Convection coefficient variation along the tool for (a) combined machining and (b) cryogenic-only machining

4.1.2 FEM Results

The FEM simulations were conducted to simulate accurately the effect of the cryogenic coolant on the temperature of the tool, the cutting forces were also retrieved to have a better understanding of the mechanisms involved in the processes.

4.1.3 Cutting Forces

The cutting forces were retrieved from the simulations for dry cutting, UAT, cryogenic machining and the combined method. Figure 11 shows the average cutting forces and the reduction in the average cutting forces from simulations, respectively. The largest reduction in the cutting force was for UAT with a 67% reduction in cutting forces as compared to dry cutting. The combined method showed a similar reduction in the cutting forces with a 65% reduction in forces. The cryogenic, however, showed a slight decrease in the cutting forces with a decrease in 0.14%.

Figure 11

Average cutting forces and average reduction in cutting forces from simulations at 0.1 mm depth of cut and 7.2 m/min cutting speed

In UAT, the reduction in the cutting forces is due to separation which reduces the average cutting forces (Ref 5). Metal hardness typically increases with a decrease in temperature. The cryogenic turning reduces the cutting forces by mainly preserving the cutting edge of the tool, by reducing the cutting temperature and hardening the tool (Ref 21). The tool wear and deformation of the tool were not accounted for in these simulations since the tool was designed as a rigid body to study the heat transfer on the tool–chip interface. The lack of reduction in the cutting forces in the CM simulation confirms that the reduction in forces in CM experimentally is due to the hardness retention of the tool, which is further discussed in Sect. 4.2.1. In the combined methods, separation is also present which explains the similarity in the results of the cutting forces.

4.1.4 Thermal Effect

Figure 12 shows the temperature of the cutting tool for the four tested processes. The highest tool temperature is observed for the UAT case, where the added vibrations introduce external energy to the cutting process. This added energy is added to the process and partially converted as thermal energy, increasing the cutting temperature and chip temperature, leading to an increase in the tool temperature by conduction between the tool and the hot chip (Ref 23). Additionally, the large instantaneous cutting speed also causes an increase in the cutting temperature (Ref 9).

Figure 12

Tool temperature for (a) CT, (b) UAT, (c) CM and (d) combined method

The cryogenic and combined method resulted both in a decrease in tool temperature when compared to CT. The lowest tool temperature was observed for the combined method where the cryogenic coolant reduces the cutting temperature by entering the gap formed during the separation between the tool and the workpiece. The tool temperature was also reduced in the cryogenic machining. The applied coolant on the tool–chip interface reduces the cutting temperature significantly by convection. As mentioned previously, the cryogenic fluid has a higher convection coefficient for the cryogenic case alone in the zone above the tool–chip contact zone. However, in the combined method, the cryogenic coolant is allowed into the formed gap where the peak tool temperature is located, which allows a direct contact between the fluid and the area, reducing its temperature significantly.

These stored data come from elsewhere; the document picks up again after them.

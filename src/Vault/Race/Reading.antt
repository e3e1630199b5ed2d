-- ===== src/Vault/Race/Reading.antt =====
-- Goroutines that read several sessions of one vault, and lock them.
pub mod Invariant
pub mod Steps
pub mod Always
use touchvault.Base.{
  ℕ, Bool, true, false, Bytes, List, [], ◌∷◌, ◌≡◌, ◌==◌, ◌&&◌, if◌then◌else◌, All,
}
use touchvault.Errors.{Result}
use touchvault.Platform.{Platform}
use touchvault.Threads.{Log, Event, calls, goes}
use touchvault.Vault.Shared.{Shared}
use touchvault.Vault.Goroutines.{Request, Reply}
use touchvault.Vault.Goroutines.Reading.{is_quiet, is_lock, expected}
use touchvault.Vault.Race.{machine_of}

module _ {P : Platform} where
  -- A `Lock` of that session has returned.
  abbrev pub was_locked_in : ℕ → Log (ℕ × Request P) Reply → Bool
  was_locked_in n [] = false
  was_locked_in n ((i, (m, q), r) ∷ log) =
      if (m == n) && is_lock q then true else was_locked_in n log

  -- A schedule in which only methods of `Session` and `Sealed` are called.
  abbrev pub IsQuietEvent : Event (ℕ × Request P) → Type 0
  IsQuietEvent (calls i (n, q)) = is_quiet q ≡ true
  IsQuietEvent (goes i) = Unit

  -- Each call returned what is expected after the calls that returned before it: what the method
  -- gives at the start, but the error of a locked session for a read of a session of which a `Lock`
  -- has returned.
  abbrev pub AnsweredIn : Shared P → Log (ℕ × Request P) Reply → Type 0
  AnsweredIn st [] = Unit
  AnsweredIn st ((i, (n, q), r) ∷ log) =
      (r ≡ expected P (machine_of P n st) (was_locked_in n log) q) × AnsweredIn st log
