-- ===== src/Vault/Race/Quiet.antt =====
-- The methods that leave the document of the vault alone, step by step.
use touchvault.Base.{Text, true, [], ◌≡◌, refl, arith, ap}
use touchvault.Errors.{ok, err, or_error, no_such_secret}
use touchvault.Effects.Programs.{Prog, done, tick, ◌>>=◌, ◌>>◌}
use touchvault.Platform.{Platform}
use touchvault.Sealed.Find.{find_secret}
use touchvault.Crypto.Pure.{zero_bytes, open_secret}
use touchvault.Vault.Session.{Machine, key}
use touchvault.Vault.Calls.{
  to_read, to_lock, to_put, to_delete, to_enroll, to_remove, to_force_remove, to_seal,
}
use touchvault.Vault.Steps.{
  key_step, document, open_steps, lock_steps, sealed_steps, names_steps, slots_steps,
}
use touchvault.Vault.Goroutines.{Request, asks_names, asks_slots, makes, program}
use touchvault.Vault.Goroutines.Reading.{is_quiet}

module _ {P : Platform} where
  -- Nothing but the data key is another, and one that was dropped stays dropped.
  pub record IsKept (s t : Machine P) : Type 0 where
    pub doc : t.session.doc ≡ s.session.doc
    pub opts : t.session.opts ≡ s.session.opts
    pub world : t.world ≡ s.world
    pub dropped : s.session.data_key ≡ [] → t.session.data_key ≡ []

  unfoldable pub Keeps : {A : Type 0} → Prog (Machine P) A → Type 0
  Keeps (done r) = Unit
  Keeps (tick f k) = ((s : Machine P) → IsKept s (f s)) × ((s : Machine P) → Keeps (k s))

  same-IsKept : (s : Machine P) → IsKept s s
  same-IsKept s = record { doc = refl; opts = refl; world = refl; dropped = λ e. e }

  Keeps-bind :
      {A B : Type 0} (p : Prog (Machine P) A) (g : A → Prog (Machine P) B)
      → Keeps p
      → ((a : A) → Keeps (g a))
      → Keeps (p >>= g)
  unfolding Keeps ◌>>=◌
  Keeps-bind (done (ok a)) g h k = k a
  Keeps-bind (done (err e)) g h k = tt
  Keeps-bind (tick f c) g (h, rest) k = (h, λ s. Keeps-bind (c s) g (rest s) k)

module _ (P : Platform) where
  locked-Keeps : Keeps (lock_steps P)
  unfolding Keeps lock_steps ◌>>=◌ ◌>>◌ zero_bytes
  locked-Keeps = (
    λ s. record { doc = refl; opts = refl; world = refl; dropped = λ e. ap zero_bytes e },
    λ s. (λ t. record { doc = refl; opts = refl; world = refl; dropped = λ e. refl }, λ t. tt),
  )

  opened-Keeps : (name : Text) → Keeps (open_steps P name)
  unfolding Keeps key open_steps
  opened-Keeps name =
      Keeps-bind (key_step P) _ (same-IsKept, λ s. tt)
        λ data_key.
          Keeps-bind (document P) _ (same-IsKept, λ s. tt)
            λ doc. Keeps-bind (done (or_error (find_secret doc name) no_such_secret)) _ tt λ entry.
              Keeps-bind (document P) _ (same-IsKept, λ s. tt)
                λ doc'. Keeps-bind (done (open_secret P.crypto doc' data_key entry)) _ tt λ p. tt

  pub program-Keeps : (q : Request P) → is_quiet q ≡ true → Keeps (program P q)
  unfolding program Keeps names_steps slots_steps sealed_steps ◌>>=◌
  program-Keeps asks_names h = (same-IsKept, λ s. tt)
  program-Keeps asks_slots h = (same-IsKept, λ s. tt)
  program-Keeps (makes (to_read name)) h =
      Keeps-bind (open_steps P name) _ (opened-Keeps name) (λ r. tt)
  program-Keeps (makes to_lock) h = Keeps-bind (lock_steps P) _ locked-Keeps (λ r. tt)
  program-Keeps (makes (to_put name secret)) h = absurd (ground (arith))
  program-Keeps (makes (to_delete name)) h = absurd (ground (arith))
  program-Keeps (makes (to_enroll auth slot label)) h = absurd (ground (arith))
  program-Keeps (makes (to_remove slot)) h = absurd (ground (arith))
  program-Keeps (makes (to_force_remove slot)) h = absurd (ground (arith))
  program-Keeps (makes to_seal) h = Keeps-bind (sealed_steps P) _ (same-IsKept, λ s. tt) (λ r. tt)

The separation between the tool and the workpiece in the combined method allows the tool temperature to drop locally due to the conduction of the temperature within the tool without the addition of external heat from the chip. Moreover, the cooling of the section of the tool, above the tool–chip contact zone and the drop in the temperature in that area, creates a larger temperature gradient between that area and the peak tool temperature. The larger temperature gradient typically increases the heat transfer rate and the total heat being dissipated into the tool bulk. Therefore, the heat is dissipated at a higher rate in the combined method: by convection into the cryogenic fluid, by conduction into the tool in the vertical and horizontal direction. The tool temperature was retrieved from the FEM in this study since measuring the temperature at the tool–chip interface experimentally is beyond the scope of this work requiring the need of multiple thermocouples along the tool–chip interface.

It is also worth mentioning that the measurement of the temperature experimentally in the space between the nozzle and the tool–chip interface is very difficult. Therefore, a CFD model was used as explained in Sect. 2.1.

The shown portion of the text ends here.